In the dusk the platoon went zigzagging down into the wood by the bayou. It went through the zone of Federal wounded. “Oh, you people! take us up; take us out of this! O God—O God—O God! Water!” To the last cry neither grey nor blue in this war failed to answer when they could. Despite all need for haste and caution there were halts now, canteen or cup held to thirsty lips, here or there a man helped nearer to muddy pool or stream. “Take us up—take us out of this!”
The grey shook their heads. “Can’t do that, Yanks. We would if we could, but we’re sent to get our own. Reckon your side’ll be sending a flag of truce directly and gather you up. Oh, yes, they will! We would if we could. You charged like hell and fought first-rate!”
“Silence, men! Get on!”
It was dusk enough in the wood which they finally reached. The bayou went through it crookedly, and from the other side of the water came the hum of Sherman’s troubled, recriminatory thousands. They were so close that orders might be heard and the tread of the sentries. The men in grey broke rank, moved, two and two, cautiously through the cane looking for the wounded. The cane grew thick, and for all it was so sodden wet might be trusted here or there for a crackling sound. The trees grew up straight from black mud. They were immensely tall and from their branches hung yards and yards of moss, like tatters of old sails or like shrivelled banners in a cathedral roof. Large birds sat, too, upon the higher limbs, watching. Beneath lay killed and wounded, a score or so of forms half sunk in the universal swamp. The searchers left the dead, but where there was life in a figure they laid hold of it, head and feet, and bore it, swiftly and silently as might be, out of the wood, back to the rising, protected ground.

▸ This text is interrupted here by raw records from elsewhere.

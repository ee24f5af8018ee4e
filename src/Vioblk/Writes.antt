-- ===== src/Vioblk/Writes.antt =====
-- src/kern/vioblk.c: what `vioblk_write` does to the disk.
use illinux.Prelude.{
  ℕ, zero, suc, ◌+◌, ◌-◌, ◌*◌, ◌/◌, ◌%◌, ◌^◌, ◌≤◌, ◌<◌, ◌≡◌, refl, sym, ap, ◌∙◌, true, false, ◌||◌,
  Bool, ltb, ◌==◌, if◌then◌else◌, arith, inl, inr, Bool-cases,
}
use illinux.Cmd.{Cmd, done, blocked, pure, modify, then_done, ◌>>=◌, ◌>>◌}
use illinux.Errno.{eio, Result, ok, err}
use illinux.Mem.{Mem, memcpy, memcpy_lem, within}
use illinux.Vioblk.{
  t_out, Request, Answer, Vioblk, unsigned_sub, operation_single_blk, write_copy, write_blocks,
  vioblk_write, vio_lock_release, vio_lock_acquire, assert,
}

-- A device that writes sectors of 512 bytes: it answers a write of one whose buffer it may not write by storing the
-- buffer in the sector and leaving the others as they are.
pub record IsWritable (D : Type 0) (serve : Request → D → Mem → Answer D) (bytes : D → Mem)
    : Type 0 where
  pub served :
      (r : Request) (d : D) (m : Mem)
      → r.type ≡ t_out
      → r.len ≡ 512
      → r.writable ≡ false
      → let answer = serve r d m in
        (answer.status ≡ 0)
        × ((i : ℕ) → i < 512 → bytes answer.disk (r.sector * 512 + i) ≡ m i)
        × ((j : ℕ) → within (r.sector * 512) 512 j ≡ false → bytes answer.disk j ≡ bytes d j)

module _ {D : Type 0} (serve : Request → D → Mem → Answer D) (bytes : D → Mem) where
  -- What a write of `m` sectors from a buffer has done.
  pub record IsWritten (dev : Vioblk D) (buf : Mem) (at sector m : ℕ) (dev' : Vioblk D)
      : Type 0 where
    pub inside : (i : ℕ) → i < m * 512 → bytes dev'.disk (sector * 512 + i) ≡ buf (at + i)
    pub outside :
        (j : ℕ) → within (sector * 512) (m * 512) j ≡ false → bytes dev'.disk j ≡ bytes dev.disk j
    pub pos : dev'.pos ≡ (dev.pos + m * 512) % 2 ^ 64
    pub opened : dev'.opened ≡ dev.opened

  abbrev write_request : Vioblk D → ℕ → Request
  write_request dev sector = record {
    type = t_out;
    sector = sector % 2 ^ 32;
    len = dev.blksz;
    writable = dev.data_writable || false;
  }

  abbrev filled : Vioblk D → Mem → ℕ → Vioblk D
  filled dev buf at = record dev { blkbuf = memcpy dev.blkbuf 0 buf at dev.blksz }

  -- The device after one transfer.
  abbrev stored : Vioblk D → ℕ → Vioblk D
  stored dev sector =
      let answer = serve (write_request dev sector) dev.disk dev.blkbuf in
      record dev {
        data_writable = dev.data_writable || false;
        avail_idx = (dev.avail_idx + 1) % 2 ^ 16;
        disk = answer.disk;
        blkbuf = answer.buffer;
      }

  operation_stores :
      IsWritable D serve bytes
      → (dev : Vioblk D) (sector : ℕ) → dev.blksz ≡ 512
      → dev.data_writable ≡ false
      → operation_single_blk serve sector t_out dev ≡ done (ok dev.blksz) (stored dev sector)
  unfolding operation_single_blk
  operation_stores law dev sector size unmarked =
      let clear : (dev.data_writable || false) ≡ false = ground (arith, unmarked) in
      let good = law.served (write_request dev sector) dev.disk dev.blkbuf refl size clear in
      let is_ok : ((serve (write_request dev sector) dev.disk dev.blkbuf).status == 0) ≡ true =
        ground (arith, good.0) in
      ap (λ b. done (if b then ok dev.blksz else err eio) (stored dev sector)) is_ok

  -- One round of the loop.
  abbrev after_write : Vioblk D → Mem → ℕ → ℕ → Vioblk D
  after_write dev buf at sector = record (stored (filled dev buf at) sector) {
    pos = (dev.pos + dev.blksz) % 2 ^ 64;
  }

  write_blocks_step :
      IsWritable D serve bytes
      → (fuel : ℕ) (buf : Mem) (at sector left : ℕ) (dev : Vioblk D) → dev.blksz ≡ 512
      → dev.data_writable ≡ false
      → write_blocks serve (suc fuel) buf at sector (suc left) dev
        ≡ write_blocks serve fuel buf
            (at + dev.blksz)
            (sector + 1)
            (unsigned_sub (suc left) dev.blksz)
            (after_write dev buf at sector)
  unfolding write_blocks write_copy
  write_blocks_step law fuel buf at sector left dev size unmarked =
      then_done (operation_single_blk serve sector t_out)
        (λ (result : Result ℕ). elim result [
          | err e ↦ pure (err eio)
          | ok r ↦
              modify (λ (s : Vioblk D). record s { pos = (s.pos + r) % 2 ^ 64 })
              >> write_blocks serve fuel buf (at + r) (sector + 1) (unsigned_sub (suc left) r)
        ])
        (operation_stores law (filled dev buf at) sector size unmarked)

  filled_lem :
      (dev : Vioblk D) (buf : Mem) (at i : ℕ)
      → i < dev.blksz
      → (filled dev buf at).blkbuf i ≡ buf (at + i)
  filled_lem dev buf at i lt =
      let hit : within 0 dev.blksz i ≡ true = ground (arith, lt) in
      memcpy_lem dev.blkbuf 0 buf at dev.blksz i ∙ rw hit (ap buf (omega arith))

  write_blocks_end :
      (fuel : ℕ) (buf : Mem) (at sector : ℕ) (dev : Vioblk D)
      → write_blocks serve (suc fuel) buf at sector 0 dev ≡ done (ok at) dev
  unfolding write_blocks
  write_blocks_end fuel buf at sector dev = refl

  -- With more fuel than sectors, the loop writes them all.
  write_blocks_lem :
      IsWritable D serve bytes
      → (m fuel : ℕ) (buf : Mem) (at sector : ℕ) (dev : Vioblk D) → dev.blksz ≡ 512
      → dev.data_writable ≡ false
      → m < fuel
      → sector + m ≤ 2 ^ 32
      → m * 512 < 2 ^ 64
      → dev.pos < 2 ^ 64
      → (dev' : Vioblk D) × (write_blocks serve fuel buf at sector (m * 512) dev
          ≡ done (ok (at + m * 512)) dev')
        × IsWritten dev buf at sector m dev'
  write_blocks_lem law m zero buf at sector dev size unmarked lt small fits in64 =
      absurd (omega (arith, lt))
  write_blocks_lem law zero (suc fuel) buf at sector dev size unmarked lt small fits in64 = (
    dev,
    write_blocks_end fuel buf at sector dev ∙ ap (λ n. done (ok n) dev) (omega arith),
    record {
      inside = λ i h. absurd (omega (arith, h));
      outside = λ j h. refl;
      pos = omega (arith, in64);
      opened = refl;
    },
  )
  write_blocks_lem law (suc m) (suc fuel) buf at sector dev size unmarked lt small fits in64 =
      let dev1 = after_write dev buf at sector in
      let clear : (dev.data_writable || false) ≡ false = ground (arith, unmarked) in
      let fill = filled dev buf at in
      let (good, new, others) =
        law.served (write_request fill sector) fill.disk fill.blkbuf refl size clear in
      let (dev', run, did) =
        write_blocks_lem law m fuel buf (at + dev.blksz) (sector + 1) dev1 size clear
          (omega (arith, lt)) (omega (arith, small)) (omega (arith, fits)) (omega arith) in
      let same : sector % 2 ^ 32 ≡ sector = omega (arith, small) in
      (
        dev',
        ap (λ n. write_blocks serve (suc fuel) buf at sector n dev) (omega arith)
            ∙ write_blocks_step law fuel buf at sector (m * 512 + 511) dev size unmarked
            ∙ ap (λ n. write_blocks serve fuel buf (at + dev.blksz) (sector + 1) n dev1)
                (omega (arith, size, fits))
            ∙ run
            ∙ ap (λ n. done (ok n) dev') (omega (arith, size)),
        record {
          inside = λ i h. elim (Bool-cases (ltb i 512)) [
            | inl e ↦
                let first : i < 512 = ground (arith, e) in
                did.outside (sector * 512 + i) (ground (arith, first))
                ∙ ap (λ s. bytes dev1.disk (s * 512 + i)) (sym same)
                ∙ new i first
                ∙ filled_lem dev buf at i (omega (arith, size, first))
            | inr e ↦
                let later : 512 ≤ i = ground (arith, e) in
                ap (bytes dev'.disk) (omega (arith, later))
                ∙ did.inside (i - 512) (omega (arith, h, later))
                ∙ ap buf (omega (arith, size, later))
          ];
          outside = λ j h. did.outside j (ground (arith, h)) ∙ others j (ground (arith, h, same));
          pos = did.pos ∙ omega (arith, size);
          opened = did.opened;
        },
      )

  abbrev write_tests : ℕ → Mem → ℕ → Bool → Cmd (Vioblk D) (Result ℕ)
  write_tests fuel buf n readonly =
      if readonly
      then pure (err eio)
      else if n == 0
      then pure (ok 0)
      else (vio_lock_acquire serve
          >> (write_blocks serve fuel buf 0 0 n >>= λ r. vio_lock_release serve >> pure r))

  abbrev write_started : Vioblk D → Vioblk D
  write_started dev = record dev { bufblkno = dev.pos / dev.blksz; vio_lock = true }

  vioblk_write_runs :
      (fuel : ℕ) (buf : Mem) (n : ℕ) (r : Result ℕ) (dev dev' : Vioblk D)
      → dev.opened ≡ true
      → dev.readonly ≡ false
      → (n == 0) ≡ false
      → dev.vio_lock ≡ false
      → write_blocks serve fuel buf 0 0 n (write_started dev) ≡ done r dev'
      → vioblk_write serve fuel buf n dev ≡ done r (record dev' { vio_lock = false })
  unfolding vioblk_write
  vioblk_write_runs fuel buf n r dev dev' op rw_able nonzero free run =
      let dev0 : Vioblk D = record dev { bufblkno = dev.pos / dev.blksz } in
      let is_open : assert serve dev0.opened dev0 ≡ done tt dev0 =
        ap (λ b. assert serve b dev0) op in
      let locked : vio_lock_acquire serve dev0 ≡ done tt (write_started dev) =
        ap (λ b. if b then blocked else done tt (write_started dev)) free in
      then_done (assert serve dev0.opened) (λ _. write_tests fuel buf n dev.readonly) {s = dev0}
        is_open
      ∙ ap (λ b. write_tests fuel buf n b dev0) rw_able
      ∙ rw nonzero (
          then_done (vio_lock_acquire serve)
            (λ _. write_blocks serve fuel buf 0 0 n >>= λ x. vio_lock_release serve >> pure x)
            {s = dev0} locked
          ∙ then_done (write_blocks serve fuel buf 0 0 n) (λ x. vio_lock_release serve >> pure x)
              {s = write_started dev} run)

  -- Let the blocks of the device have 512 bytes, which is the size of a sector. A write of `m` sectors, at
  -- least one and at most 2^32, with more fuel than sectors and a position below 2^64, to an open device that
  -- is not read-only, has not been read from and whose lock is free returns their length. It stores the buffer from sector 0 of the
  -- disk on, wherever the position is, leaves the rest of the disk as it is, moves the position by the
  -- length and leaves the lock free.
  pub vioblk_write_lem :
      IsWritable D serve bytes
      → (m fuel : ℕ) (buf : Mem) (dev : Vioblk D) → dev.blksz ≡ 512
      → dev.opened ≡ true
      → dev.readonly ≡ false
      → dev.data_writable ≡ false
      → dev.vio_lock ≡ false
      → 0 < m
      → m < fuel
      → m ≤ 2 ^ 32
      → dev.pos < 2 ^ 64
      → (dev' : Vioblk D) × (vioblk_write serve fuel buf (m * 512) dev ≡ done (ok (m * 512)) dev')
        × ((i : ℕ) → i < m * 512 → bytes dev'.disk i ≡ buf i)
        × ((j : ℕ) → m * 512 ≤ j → bytes dev'.disk j ≡ bytes dev.disk j)
        × (dev'.pos ≡ (dev.pos + m * 512) % 2 ^ 64)
        × (dev'.vio_lock ≡ false)
  vioblk_write_lem law m fuel buf dev size op rw_able unmarked free some_left lt small in64 =
      let (dev', run, did) =
        write_blocks_lem law m fuel buf 0 0 (write_started dev) size unmarked lt
          (omega (arith, small)) (omega (arith, small)) in64 in
      let nonzero : (m * 512 == 0) ≡ false = ground (arith, some_left) in
      (
        record dev' { vio_lock = false },
        vioblk_write_runs fuel buf (m * 512) (ok (0 + m * 512)) dev dev' op rw_able nonzero free run
            ∙ ap (λ n. done (ok n) (record dev' { vio_lock = false })) (omega arith),
        (λ i h. ap (bytes dev'.disk) (omega arith) ∙ did.inside i h ∙ ap buf (omega arith)),
        (λ j h. did.outside j (ground (arith, h))),
        did.pos,
        refl,
      )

Edward and the man with him found an officer lying between huge knees of cypress. The cane walled him in, a hand and arm hung languid in the dark water. Kneeling, Edward felt the heart. “He’s far and far away, but there’s a chance, perhaps. Take the feet.”
Half an hour later, by a great camp-fire behind a battery, surgeons and helpers took these wounded from the hands of the men who had gone after them.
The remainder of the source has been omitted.